Steve Mueller – Chairman and Chief Executive Officer
Today the combined price, doesn't matter if it's Northeast or the new acquisition, is right at $0.30 transportation,
and so, in adding Rover and adding the Columbia Gas piece, the average gets up to $0.60. We can't go into
much more details about those because, in the case of Columbia Gas, the confidentiality agreement says we
can't do that, but our target for a lot of what we're trying to do is to get gas back into the Mid-Atlantic. And so,
even with Columbia Gas, we can get some of the gas all the way back to the Gulf Coast where we'll be dropping it
off at various places along the way to get into those markets that are there.
So, I can't tell you the local market. All I can say is that, for instance, Columbia Gas has five or six major
takeaway points, and we can go into almost any one of those. And then, the other pipe that we have, whether it's
Northeast PA or wherever else we have it, has a similar type thing where we have got three or four or five things.
In general, we're trying to go east and south, not so much north and west, in what we're trying to do.
Operator
Our next question is from the line of Dave Kistler with Simmons & Company.
<Q>: Real quickly, just to kind of clean up on the transport portion of things and the firm capacity and firm sales
for 2015 and for 2016, obviously covering 80% is a pretty significant uptick from what you guys had shared
previously. Can you talk a little bit about the pricing related to that here in the next, call it, year and a half?

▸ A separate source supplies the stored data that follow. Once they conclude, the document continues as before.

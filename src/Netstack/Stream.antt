-- ===== src/Netstack/Stream.antt =====
-- crates/ombrac-netstack/src/tcp.rs: a TCP stream of the network stack, and what its worker does with
-- the socket behind it. smoltcp's socket is an interface; a ring buffer is a bounded queue of octets.
use ombrac.Prelude.{
  ℕ, zero, suc, Bool, true, false, not, Option, none, some, [], ◌∷◌, ◌++◌, ◌-◌, min, ◌&&◌, ◌||◌,
  ◌==◌, leb, if◌then◌else◌, length, take, drop, ok, err,
}
use ombrac.Net.{Bytes, broken_pipe, io_error, IoResult, Poll, ready, pending}

-- ringbuf's HeapRb.
pub record RingBuffer : Type 0 where
  pub content : Bytes
  pub capacity : ℕ

abbrev pub is_empty : Bytes → Bool
is_empty [] = true
is_empty (x ∷ xs) = false

abbrev pub is_full : RingBuffer → Bool
is_full b = leb b.capacity (length b.content)

abbrev pub vacant_len : RingBuffer → ℕ
vacant_len b = b.capacity - length b.content

-- push_slice puts in what there is room for.
abbrev pub push_slice : RingBuffer → Bytes → RingBuffer
push_slice b slice = record b { content = b.content ++ take (vacant_len b) slice }

-- What a TcpStream and its SocketIOHandle share. A waker is true while a task waits for it.
pub record Connection : Type 0 where
  pub recv_buffer : RingBuffer
  pub send_buffer : RingBuffer
  pub recv_waker : Bool
  pub send_waker : Bool
  pub read_closed : Bool
  pub write_closed : Bool
  pub socket_dropped : Bool

-- The buffers and the SharedState of a new stream.
abbrev pub new_connection : ℕ → ℕ → Connection
new_connection recv_size send_size = record {
  recv_buffer = record { content = []; capacity = recv_size };
  send_buffer = record { content = []; capacity = send_size };
  recv_waker = false;
  send_waker = false;
  read_closed = false;
  write_closed = false;
  socket_dropped = false;
}

-- TcpStream::poll_read with room for this many octets: those that it reads.
unfoldable pub read_buffered : Connection → ℕ → Bytes → Connection × Poll (IoResult Bytes)
read_buffered c room [] =
    if c.read_closed then (c, ready (ok [])) else (record c { recv_waker = true }, pending)
read_buffered c room (b ∷ rest) = (
  record c { recv_buffer = record c.recv_buffer { content = drop room (b ∷ rest) } },
  ready (ok (take room (b ∷ rest))),
)

unfoldable pub poll_read : Connection → ℕ → Connection × Poll (IoResult Bytes)
poll_read c room = read_buffered c room c.recv_buffer.content

-- TcpStream::poll_write: how many octets it has taken.
unfoldable pub poll_write : Connection → Bytes → Connection × Poll (IoResult ℕ)
poll_write c slice =
    if c.socket_dropped || c.write_closed
    then (c, ready (err (io_error broken_pipe "Socket is closing")))
    else if is_full c.send_buffer
    then (record c { send_waker = true }, pending)
    else (
      record c { send_buffer = push_slice c.send_buffer slice },
      ready (ok (min (vacant_len c.send_buffer) (length slice))),
    )

unfoldable pub poll_flush : Connection → Connection × Poll (IoResult (Unit {0}))
poll_flush c =
    if is_empty c.send_buffer.content
    then (c, ready (ok tt))
    else (record c { send_waker = true }, pending)

-- TcpStream::poll_shutdown
unfoldable pub poll_shutdown : Connection → Connection × Poll (IoResult (Unit {0}))
poll_shutdown c =
    if is_empty c.send_buffer.content
    then (record c { write_closed = true }, ready (ok tt))
    else (record c { send_waker = true }, pending)

-- `Drop for TcpStream`
unfoldable pub drop_stream : Connection → Connection
drop_stream c = record c { socket_dropped = true }

-- smoltcp's socket: `recv_slice` is what `recv` gives to its closure, or its error; `dequeue` is how
-- many of these octets the closure took. `send_room` is the room that `send` gives, and `enqueue`
-- what was put there.
pub record TcpSocket (S : Type 0) : Type 0 where
  pub can_recv : S → Bool
  pub recv_slice : S → IoResult Bytes
  pub dequeue : S → ℕ → S
  pub can_send : S → Bool
  pub send_room : S → ℕ
  pub enqueue : S → Bytes → S
  pub is_open : S → Bool
  pub is_active : S → Bool
  pub close : S → S

module _ {S : Type 0} (t : TcpSocket S) where
  -- The first part of handle_socket_io: what came in goes to the receive buffer, whose reader is woken
  -- when there was something.
  unfoldable pub recv_result : S → Connection → IoResult Bytes → S × Connection
  recv_result s c (err e) = (s, record c { read_closed = true; recv_waker = false })
  recv_result s c (ok slice) = (
    t.dequeue s (min (vacant_len c.recv_buffer) (length slice)),
    record c {
      recv_buffer = push_slice c.recv_buffer slice;
      recv_waker = if is_empty slice then c.recv_waker else false;
    },
  )

  unfoldable pub handle_recv : S → Connection → S × Connection
  handle_recv s c = if t.can_recv s then recv_result s c (t.recv_slice s) else (s, c)

  -- A socket that is not open has nothing more to read.
  unfoldable pub close_read : S × Connection → S × Connection
  close_read (s, c) =
      if not (t.is_open s) && not c.read_closed
      then (s, record c { read_closed = true; recv_waker = false })
      else (s, c)

  -- The loop that sends, for as many rounds as there are octets: each round takes one at least, or is
  -- the last one.
  unfoldable pub send_rounds : ℕ → S → Connection → S × Connection
  send_rounds zero s c = (s, c)
  send_rounds (suc fuel) s c =
      let room = t.send_room s in
      let further = send_rounds fuel (t.enqueue s (take room c.send_buffer.content)) (record c {
        send_buffer = record c.send_buffer { content = drop room c.send_buffer.content };
        send_waker = false;
      }) in
      if t.can_send s && not (is_empty c.send_buffer.content) && not (room == 0)
      then further
      else (s, c)

  unfoldable pub handle_send : S × Connection → S × Connection
  handle_send (s, c) = send_rounds (length c.send_buffer.content) s c

  -- handle_socket_io, without the two counts that it returns.
  unfoldable pub handle_socket_io : S → Connection → S × Connection
  handle_socket_io s c = handle_send (close_read (handle_recv s c))

  -- accept_loop skips a socket whose stream was dropped.
  unfoldable pub socket_io : S → Connection → S × Connection
  socket_io s c = if c.socket_dropped then (s, c) else handle_socket_io s c

  -- prune_sockets on one socket: what is left of it.
  unfoldable pub keep_active : S → Option S
  keep_active s = if t.is_active s then some s else none

  unfoldable pub prune_socket : S → Connection → Option S
  prune_socket s c =
      if c.socket_dropped
      then none
      else keep_active (if c.write_closed && is_empty c.send_buffer.content then t.close s else s)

Steve Mueller – Chairman and Chief Executive Officer
Until Columbia Gas or Rover come online, that $0.30 number we're using a day is a good number, and the first
one of those come on late next year.
<Q>: And then, looking at the new guidance, obviously NGL production was significantly higher than the prior
guidance, and you had a pretty significant NGL beat back in Q1 as well, Q2 here. Can you talk a little bit about
what you're doing in terms of trying to reduce the volatility around the realizations there and the reduced margins
that you're seeing as a result of the pressure on NGL prices?
Steve Mueller – Chairman and Chief Executive Officer
Now, except for the little things, and Bill mentioned a couple of them in his conversation, we're breaking NGLs in
more grades and trying to sell each individual grade rather than trying to sell NGL at a blended type thing, there
aren't a whole lot of options short-term. So, it's really a year and a half to two years down the road, or in the case
of the winters when you get a higher price for propane or whatever you're doing that direction. So, this is just one
of the issues that I think the whole industry is going to have here for a while until we can get better takeaway into
better parts of either the industrial system or different parts of the world. Now, there are some things we're trying
to do creative in the marketing side, especially with how we're dealing with ethanes and NGLs and I'll let Bill talk a
little bit about that.
Bill Way – President and Chief Operating Officer
One final comment on the NGLs, less ethane— under our contracts today, the processor markets those for us.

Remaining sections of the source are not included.